有休を取り家で仕事、ヤミ出勤にヤミ残業… 「働き方改革」という時短ハラスメント
当の厚労省ですら…
だが、日本人の労働に壮大な無駄があったのであれば、そんな数字も達成できようが、これまでも、すべき仕事がなければ、だれも残業などする必要がなかったのだ。現に、仕事自体が減ったという話はトンと聞かない。だから、早く帰宅しても家で仕事をせざるをえないのだろう。
民主党政権時代の事業仕分けは、大山鳴動してなにも無駄が出なかったが、無駄の烙印を押して強引に削っていたら、国が立ち行かなくなっただろう。だが、いまの働き方改革には、そんな強引さが感じられないか。旗振り役である、厚生労働省の労働基準局労働条件政策課に尋ねた。

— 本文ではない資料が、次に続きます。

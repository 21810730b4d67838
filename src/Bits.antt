-- ===== src/Bits.antt =====
-- `&` and `|` of machine words as arithmetic. The native operations compute at numerals only; here
-- they are taken apart at any bit position, and the masks of `src/task/raw.rs` are read off.
mod Digit
use Digit.{bit_and_digit, bit_or_digit}
use Prim.Native.Nat.{min, max, bit_or-bitwise}
use mathlib.Core.Path.{ap₂}
use native.Mathlib.Nat.{pow-suc, one-le-pow}
use loony_rs_runtime.Base.{
  ℕ, zero, suc, ◌+◌, ◌-◌, ◌*◌, ◌/◌, ◌%◌, ◌^◌, ◌<◌, bit_and, bit_or, ◌≡◌, ◌∙◌, refl, ap, arith,
}

double-mul : (q k : ℕ) → q * 2 ^ suc k ≡ 2 * (q * 2 ^ k)
double-mul q k = omega (arith, ap (λ (t : ℕ). q * t) (pow-suc 2 k))

halve :
    (q k r : ℕ) → ((q * 2 ^ suc k + r) / 2 ≡ q * 2 ^ k + r / 2) × ((q * 2 ^ suc k + r) % 2 ≡ r % 2)
halve q k r = omega (arith, double-mul q k)

-- An operation that works digit by digit treats the bits above position `k` and those below apart.
module _ (op f : ℕ → ℕ → ℕ)
    (digit : (x y : ℕ) → op x y ≡ 2 * op (x / 2) (y / 2) + f (x % 2) (y % 2))
    (empty : op 0 0 ≡ 0) where
  split :
      (k q r c d : ℕ)
      → r < 2 ^ k
      → d < 2 ^ k
      → op (q * 2 ^ k + r) (c * 2 ^ k + d) ≡ op q c * 2 ^ k + op r d
  split zero q r c d hr hd = ground (arith, empty)
  split (suc k) q r c d hr hd =
      rw
        (
          digit (q * 2 ^ suc k + r) (c * 2 ^ suc k + d),
          (halve q k r).0,
          (halve q k r).1,
          (halve c k d).0,
          (halve c k d).1,
        )
        (omega (
          arith,
          split k q (r / 2) c (d / 2) (omega (arith, pow-suc 2 k)) (omega (arith, pow-suc 2 k)),
          digit r d,
          double-mul (op q c) k,
        ))

  -- The same for whole words.
  cut : (k x y : ℕ) → op x y ≡ op (x / 2 ^ k) (y / 2 ^ k) * 2 ^ k + op (x % 2 ^ k) (y % 2 ^ k)
  cut k x y =
      ap₂ op (parts x) (parts y)
      ∙ split k (x / 2 ^ k) (x % 2 ^ k) (y / 2 ^ k) (y % 2 ^ k) (small x) (small y)
    where
      parts : (w : ℕ) → w ≡ w / 2 ^ k * 2 ^ k + w % 2 ^ k
      parts w = grind (arith, one-le-pow k 2)

      small : (w : ℕ) → w % 2 ^ k < 2 ^ k
      small w = grind (arith, one-le-pow k 2)

pub bit_and_cut :
    (k x y : ℕ)
    → bit_and x y ≡ bit_and (x / 2 ^ k) (y / 2 ^ k) * 2 ^ k + bit_and (x % 2 ^ k) (y % 2 ^ k)
bit_and_cut = cut bit_and min bit_and_digit refl

pub bit_or_cut :
    (k x y : ℕ)
    → bit_or x y ≡ bit_or (x / 2 ^ k) (y / 2 ^ k) * 2 ^ k + bit_or (x % 2 ^ k) (y % 2 ^ k)
bit_or_cut = cut bit_or max bit_or_digit refl

and_zero_below : (n x : ℕ) → x < n → bit_and x 0 ≡ 0
and_zero_below zero x h = absurd (omega arith)
and_zero_below (suc n) zero h = refl
and_zero_below (suc n) (suc x) h =
    omega (arith, bit_and_digit (suc x) 0, and_zero_below n (suc x / 2) (omega arith))

or_zero_below : (n x : ℕ) → x < n → bit_or x 0 ≡ x
or_zero_below zero x h = absurd (omega arith)
or_zero_below (suc n) zero h = refl
or_zero_below (suc n) (suc x) h =
    omega (arith, bit_or_digit (suc x) 0, or_zero_below n (suc x / 2) (omega arith))

pub bit_and_zero : (x : ℕ) → bit_and x 0 ≡ 0
bit_and_zero x = and_zero_below (suc x) x (omega arith)

pub bit_or_zero : (x : ℕ) → bit_or x 0 ≡ x
bit_or_zero x = or_zero_below (suc x) x (omega arith)

pub zero-bit_or : (x : ℕ) → bit_or 0 x ≡ x
zero-bit_or x = bit_or-bitwise 0 x

ones_below : (k r : ℕ) → r < 2 ^ k → bit_and r (2 ^ k - 1) ≡ r
ones_below zero r h = omega (arith, bit_and_zero r)
ones_below (suc k) r h = ground (
  arith,
  bit_and_digit r (2 ^ suc k - 1),
  pow-suc 2 k,
  one-le-pow k 2,
  ones_below k (r / 2) (omega (arith, pow-suc 2 k)),
)

-- A mask of `k` ones keeps the low `k` bits.
pub bit_and_ones : (k x : ℕ) → bit_and x (2 ^ k - 1) ≡ x % 2 ^ k
bit_and_ones k x = ground (
  arith,
  one-le-pow k 2,
  split bit_and min bit_and_digit refl k (x / 2 ^ k) (x % 2 ^ k) 0 (2 ^ k - 1),
  bit_and_zero (x / 2 ^ k),
  ones_below k (x % 2 ^ k),
)

-- `STATE_MASK`, and the same bits seen as `COMPLETE`.
pub bit_and_three : (x : ℕ) → bit_and x 3 ≡ x % 4
bit_and_three x = bit_and_ones 2 x

pub bit_and_four : (x : ℕ) → bit_and x 4 ≡ x / 4 % 2 * 4
bit_and_four x = omega (arith, bit_and_cut 2 x 4, bit_and_ones 1 (x / 4), bit_and_zero (x % 4))

pub bit_and_eight : (x : ℕ) → bit_and x 8 ≡ x / 8 % 2 * 8
bit_and_eight x = omega (arith, bit_and_cut 3 x 8, bit_and_ones 1 (x / 8), bit_and_zero (x % 8))

-- The low bits of a word set to ones, for a mask of one or two of them.
pub bit_or_one : (x : ℕ) → bit_or x 1 ≡ x / 2 * 2 + 1
bit_or_one x = omega (arith, bit_or_digit x 1, bit_or_zero (x / 2))

pub bit_or_three : (x : ℕ) → bit_or x 3 ≡ x / 4 * 4 + 3
bit_or_three x = omega (arith, bit_or_digit x 3, bit_or_one (x / 2))

pub bit_or_four : (x : ℕ) → bit_or x 4 ≡ x / 8 * 8 + 4 + x % 4
bit_or_four x = omega (arith, bit_or_cut 2 x 4, bit_or_one (x / 4), bit_or_zero (x % 4))

pub bit_or_eight : (x : ℕ) → bit_or x 8 ≡ x / 16 * 16 + 8 + x % 8
bit_or_eight x = omega (arith, bit_or_cut 3 x 8, bit_or_one (x / 8), bit_or_zero (x % 8))

-- The complements of the masks, in a word of 64 bits.
pub bit_and_not_three : (x : ℕ) → x < 2 ^ 64 → bit_and x (2 ^ 64 - 4) ≡ x / 4 * 4
bit_and_not_three x h =
    omega (arith, bit_and_cut 2 x (2 ^ 64 - 4), bit_and_ones 62 (x / 4), bit_and_zero (x % 4))

pub bit_and_not_four : (x : ℕ) → x < 2 ^ 64 → bit_and x (2 ^ 64 - 5) ≡ x / 8 * 8 + x % 4
bit_and_not_four x h =
    omega (arith, bit_and_cut 3 x (2 ^ 64 - 5), bit_and_ones 61 (x / 8), bit_and_ones 2 (x % 8))

pub bit_and_not_eight : (x : ℕ) → x < 2 ^ 64 → bit_and x (2 ^ 64 - 9) ≡ x / 16 * 16 + x % 8
bit_and_not_eight x h =
    omega (arith, bit_and_cut 4 x (2 ^ 64 - 9), bit_and_ones 60 (x / 16), bit_and_ones 3 (x % 16))

pub bit_and_not_high :
    (x : ℕ) → x < 2 ^ 64 → bit_and x (2 ^ 64 - 1 - 0xffff_0000) ≡ x / 2 ^ 32 * 2 ^ 32 + x % 2 ^ 16
bit_and_not_high x h = omega (
  arith,
  bit_and_cut 32 x (2 ^ 64 - 1 - 0xffff_0000),
  bit_and_ones 32 (x / 2 ^ 32),
  bit_and_ones 16 (x % 2 ^ 32),
)

-- Bits 16 to 31 put into a word where they are clear.
pub bit_or_middle :
    (x y : ℕ) → x / 2 ^ 16 % 2 ^ 16 ≡ 0 → y < 2 ^ 16 → bit_or x (y * 2 ^ 16) ≡ x + y * 2 ^ 16
bit_or_middle x y clear small = ground (
  arith,
  bit_or_cut 16 x (y * 2 ^ 16),
  bit_or_cut 16 (x / 2 ^ 16) y,
  bit_or_zero (x % 2 ^ 16),
  bit_or_zero (x / 2 ^ 16 / 2 ^ 16),
  zero-bit_or y,
)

「働き方改革推進支援センターという相談窓口を各都道府県に設け、企業の個別相談にも乗っています。実際、残業時間の上限規制や年休5日を実現するためには、仕事の進め方を企業が真剣に変えていく必要があり、そうしないとサービス残業などが横行してしまう。メール、電話、窓口相談のほか、必要に応じて社会保険労務士を派遣するなどしています。また、大企業以上に中小企業が大変なので、準備期間を設け、その間に労働環境を整備してもらえれば、と考えています」
担当官はそう答えるが、統計不正問題もあってアップアップの厚労省自身、改革できているのか。

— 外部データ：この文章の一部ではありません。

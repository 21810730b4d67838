-- ===== src/Context.antt =====
-- The thread-locals `CURRENT_CONTEXT` and `CURRENT_WORKER` of one thread, and the guards over them:
-- `ContextGuard` of src/runtime/scheduler/multi_thread.rs and `EnterGuard` of src/runtime/handle.rs.
-- An `Arc<Shared>` is its identity, which is what `Arc::ptr_eq` compares, and a worker its index.
pub mod Guards
pub mod Workers
use loony_rs_runtime.Base.{
  ℕ, ◌==◌, ◌≡◌, refl, ◌∙◌, arith, Option, none, some, List, [], ◌∷◌, if◌then◌else◌,
}

pub record Context : Type 0 where
  pub shared : Option ℕ
  pub worker : Option ℕ

-- A guard that is alive, with what it puts back.
pub data Guard : Type 0 where
  entered : (old : Option ℕ) → Guard
  within : (old_context old_worker : Option ℕ) → Guard

-- `Handle::enter`
unfoldable pub enter : ℕ → Context → Guard × Context
enter shared c = (entered c.shared, record c { shared = some shared })

-- `ContextGuard::new`, at the head of `MultiThread::block_on`.
unfoldable pub new : ℕ → Context → Guard × Context
new context c = (within c.shared c.worker, record { shared = some context; worker = none })

-- `Drop for EnterGuard`
unfoldable pub drop_enter_guard : Option ℕ → Context → Context
drop_enter_guard old c = record c { shared = old }

-- `Drop for ContextGuard`
unfoldable pub drop_context_guard : Option ℕ → Option ℕ → Context → Context
drop_context_guard old_context old_worker c = record { shared = old_context; worker = old_worker }

unfoldable pub drop : Guard → Context → Context
unfolding drop_enter_guard drop_context_guard
drop (entered old) c = drop_enter_guard old c
drop (within old_context old_worker) c = drop_context_guard old_context old_worker c

-- `Handle::current`, as far as it is about the shared state of the handle.
unfoldable pub current : Context → Option ℕ
current c = c.shared

-- The `WorkerRef` of handle.rs.
pub data WorkerRef : Type 0 where
  multi_thread no_worker : WorkerRef

unfoldable pub try_get_worker : ℕ → Context → Option WorkerRef
try_get_worker own c = elim c.shared [
  | none ↦ none
  | some shared ↦ some (if shared == own then multi_thread else no_worker)
]

-- What a thread does with guards: it makes one, or drops the last that it made.
pub data Op : Type 0 where
  enters : ℕ → Op
  blocks : ℕ → Op
  leaves : Op

unfoldable pub act : Op → List Guard × Context → List Guard × Context
unfolding enter new drop
act (enters h) (gs, c) = ((enter h c).0 ∷ gs, (enter h c).1)
act (blocks h) (gs, c) = ((new h c).0 ∷ gs, (new h c).1)
act leaves ([], c) = ([], c)
act leaves (g ∷ gs, c) = (gs, drop g c)

abbrev pub acts : List Op → List Guard × Context → List Guard × Context
acts [] s = s
acts (o ∷ os) s = acts os (act o s)

unfoldable pub unwind : List Guard → Context → Context
unfolding drop
unwind [] c = c
unwind (g ∷ gs) c = unwind gs (drop g c)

「国会の審議に対応しなければならない仕事もありますので、定時に帰宅できず、夜間にかかってしまう業務も、どうしても出てきます。ただ、働き方改革の旗振り役の官庁でございますので、以前よりは効率化してはいると思いますが……、働き方改革に準じる働き方を心がけようと努めておりますが……。しかし、労働基準法は公務員には適用されませんので……」
企業には罰則まで科しながら、自らは時間外の業務が「どうしても出て」くると開き直るとは、旗振り役自身、改革に無理があると認めているようなもの。挙句、労基法の対象外だからと逃げを打つのは、障害者雇用の水増しが発覚したときとそっくりだ。